### WHAT THE TASK ASKS
Restate the full set of records exactly, word for word.

━━━ EXTRACTED RECORDS

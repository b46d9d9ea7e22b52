-- ===== src/Reporting/Connection.antt =====
-- The connection of src/reporting/graphite_reporter.cc beside the stream that it talks to.
use ccmetrics.Base.{Bool, true, ◌≡◌, refl, ap, ◌∙◌, List, [], ◌∷◌, ◌++◌, Option, none, some}
use ccmetrics.Reporting.Graphite.{
  Call, Report, GraphiteReporter, State, disconnected, connecting, connected, create_stream,
  connect_stream, write_stream, report_lines, connect, report, connect_complete, connect_error,
  write_error,
}

-- The stream, under an assumption on libwte: it answers a connect once, and an open stream reports one
-- failure. Several writes that are pending at once and all fail are not among the events.
pub data Peer : Type 0 where
  idle pending open_stream : Peer

-- What happens: the timer asks for a report, and the stream answers. The report of an answer is what
-- its own call of `report` reads.
pub data NetEvent (F : Type 0) : Type 0 where
  report_due : Report F → NetEvent F
  accepted : Report F → NetEvent F
  refused : NetEvent F
  broken : NetEvent F

abbrev pub Network : Type 0 → Type 0
Network F = GraphiteReporter F × Peer

-- The stream behind a call of `report`: it connects where `report` called `connect`.
abbrev peer_after : State → Peer → Peer
peer_after disconnected peer = pending
peer_after connecting peer = peer
peer_after connected peer = peer

module _ {F : Type 0} where
  abbrev with_peer : Peer → Option (GraphiteReporter F) → Option (Network F)
  with_peer peer none = none
  with_peer peer (some g) = some (g, peer)

  -- An answer that the stream is assumed not to give in its state is skipped.
  unfoldable pub step_network : NetEvent F → Network F → Option (Network F)
  unfolding report connect_complete connect_error write_error
  step_network (report_due r) (g, peer) = with_peer (peer_after g.state peer) (report r g)
  step_network (accepted r) (g, pending) = with_peer open_stream (connect_complete r g)
  step_network refused (g, pending) = with_peer idle (connect_error g)
  step_network broken (g, open_stream) = with_peer idle (write_error g)
  step_network _ n = some n

  abbrev then_network : Option (Network F) → (Network F → Option (Network F)) → Option (Network F)
  then_network none f = none
  then_network (some n) f = f n

  -- Reports that fall due one after the other.
  abbrev pub dues : List (Report F) → List (NetEvent F)
  dues [] = []
  dues (r ∷ reports) = report_due r ∷ dues reports

  abbrev pub run_network : List (NetEvent F) → Network F → Option (Network F)
  run_network [] n = some n
  run_network (e ∷ events) n = then_network (step_network e n) (run_network events)

  abbrev reporter_in : State → Bool → List (Call F) → GraphiteReporter F
  reporter_in state streaming calls = record { state = state; streaming = streaming; calls = calls }

  run_network-connecting :
      (reports : List (Report F)) (events : List (NetEvent F)) (calls : List (Call F))
      → run_network (dues reports ++ events) (reporter_in connecting true calls, pending)
        ≡ run_network events (reporter_in connecting true calls, pending)
  unfolding step_network report
  run_network-connecting [] events calls = refl
  run_network-connecting (q ∷ reports) events calls = run_network-connecting reports events calls

  -- A disconnected reporter connects once, however many reports fall due before the stream accepts,
  -- and then writes one report: the lines of what its connect callback reads.
  pub run_network-once :
      (first : Report F) (reports : List (Report F)) (r : Report F) (g : GraphiteReporter F)
      → g.state ≡ disconnected
      → run_network (report_due first ∷ (dues reports ++ accepted r ∷ [])) (g, idle)
        ≡ some (
          reporter_in connected true
              (write_stream (report_lines r) ∷ connect_stream ∷ create_stream ∷ g.calls),
          open_stream,
        )
  unfolding step_network connect report connect_complete
  run_network-once first reports r g at =
      let events = report_due first ∷ (dues reports ++ accepted r ∷ []) in
      ap (λ state. run_network events (reporter_in state g.streaming g.calls, idle)) at
      ∙ run_network-connecting reports (accepted r ∷ []) (connect_stream ∷ create_stream ∷ g.calls)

━━━━━━

### ANSWER TO THIS TASK
repository b46d9d9ea7e22b52
-- ===== src/Reporting/Connection.antt =====
-- The connection of src/reporting/graphite_reporter.cc beside the stream that it talks to.
use ccmetrics.Base.{Bool, true, ◌≡◌, refl, ap, ◌∙◌, List, [], ◌∷◌, ◌++◌, Option, none, some}
use ccmetrics.Reporting.Graphite.{
  Call, Report, GraphiteReporter, State, disconnected, connecting, connected, create_stream,
  connect_stream, write_stream, report_lines, connect, report, connect_complete, connect_error,
  write_error,
}

-- The stream, under an assumption on libwte: it answers a connect once, and an open stream reports one
-- failure. Several writes that are pending at once and all fail are not among the events.
pub data Peer : Type 0 where
  idle pending open_stream : Peer

-- What happens: the timer asks for a report, and the stream answers. The report of an answer is what
-- its own call of `report` reads.
pub data NetEvent (F : Type 0) : Type 0 where
  report_due : Report F → NetEvent F
  accepted : Report F → NetEvent F
  refused : NetEvent F
  broken : NetEvent F

abbrev pub Network : Type 0 → Type 0
Network F = GraphiteReporter F × Peer

-- The stream behind a call of `report`: it connects where `report` called `connect`.
abbrev peer_after : State → Peer → Peer
peer_after disconnected peer = pending
peer_after connecting peer = peer
peer_after connected peer = peer

module _ {F : Type 0} where
  abbrev with_peer : Peer → Option (GraphiteReporter F) → Option (Network F)
  with_peer peer none = none
  with_peer peer (some g) = some (g, peer)

  -- An answer that the stream is assumed not to give in its state is skipped.
  unfoldable pub step_network : NetEvent F → Network F → Option (Network F)
  unfolding report connect_complete connect_error write_error
  step_network (report_due r) (g, peer) = with_peer (peer_after g.state peer) (report r g)
  step_network (accepted r) (g, pending) = with_peer open_stream (connect_complete r g)
  step_network refused (g, pending) = with_peer idle (connect_error g)
  step_network broken (g, open_stream) = with_peer idle (write_error g)
  step_network _ n = some n

  abbrev then_network : Option (Network F) → (Network F → Option (Network F)) → Option (Network F)
  then_network none f = none
  then_network (some n) f = f n

  -- Reports that fall due one after the other.
  abbrev pub dues : List (Report F) → List (NetEvent F)
  dues [] = []
  dues (r ∷ reports) = report_due r ∷ dues reports

  abbrev pub run_network : List (NetEvent F) → Network F → Option (Network F)
  run_network [] n = some n
  run_network (e ∷ events) n = then_network (step_network e n) (run_network events)

  abbrev reporter_in : State → Bool → List (Call F) → GraphiteReporter F
  reporter_in state streaming calls = record { state = state; streaming = streaming; calls = calls }

  run_network-connecting :
      (reports : List (Report F)) (events : List (NetEvent F)) (calls : List (Call F))
      → run_network (dues reports ++ events) (reporter_in connecting true calls, pending)
        ≡ run_network events (reporter_in connecting true calls, pending)
  unfolding step_network report
  run_network-connecting [] events calls = refl
  run_network-connecting (q ∷ reports) events calls = run_network-connecting reports events calls

  -- A disconnected reporter connects once, however many reports fall due before the stream accepts,
  -- and then writes one report: the lines of what its connect callback reads.
  pub run_network-once :
      (first : Report F) (reports : List (Report F)) (r : Report F) (g : GraphiteReporter F)
      → g.state ≡ disconnected
      → run_network (report_due first ∷ (dues reports ++ accepted r ∷ [])) (g, idle)
        ≡ some (
          reporter_in connected true
              (write_stream (report_lines r) ∷ connect_stream ∷ create_stream ∷ g.calls),
          open_stream,
        )
  unfolding step_network connect report connect_complete
  run_network-once first reports r g at =
      let events = report_due first ∷ (dues reports ++ accepted r ∷ []) in
      ap (λ state. run_network events (reporter_in state g.streaming g.calls, idle)) at
      ∙ run_network-connecting reports (accepted r ∷ []) (connect_stream ∷ create_stream ∷ g.calls)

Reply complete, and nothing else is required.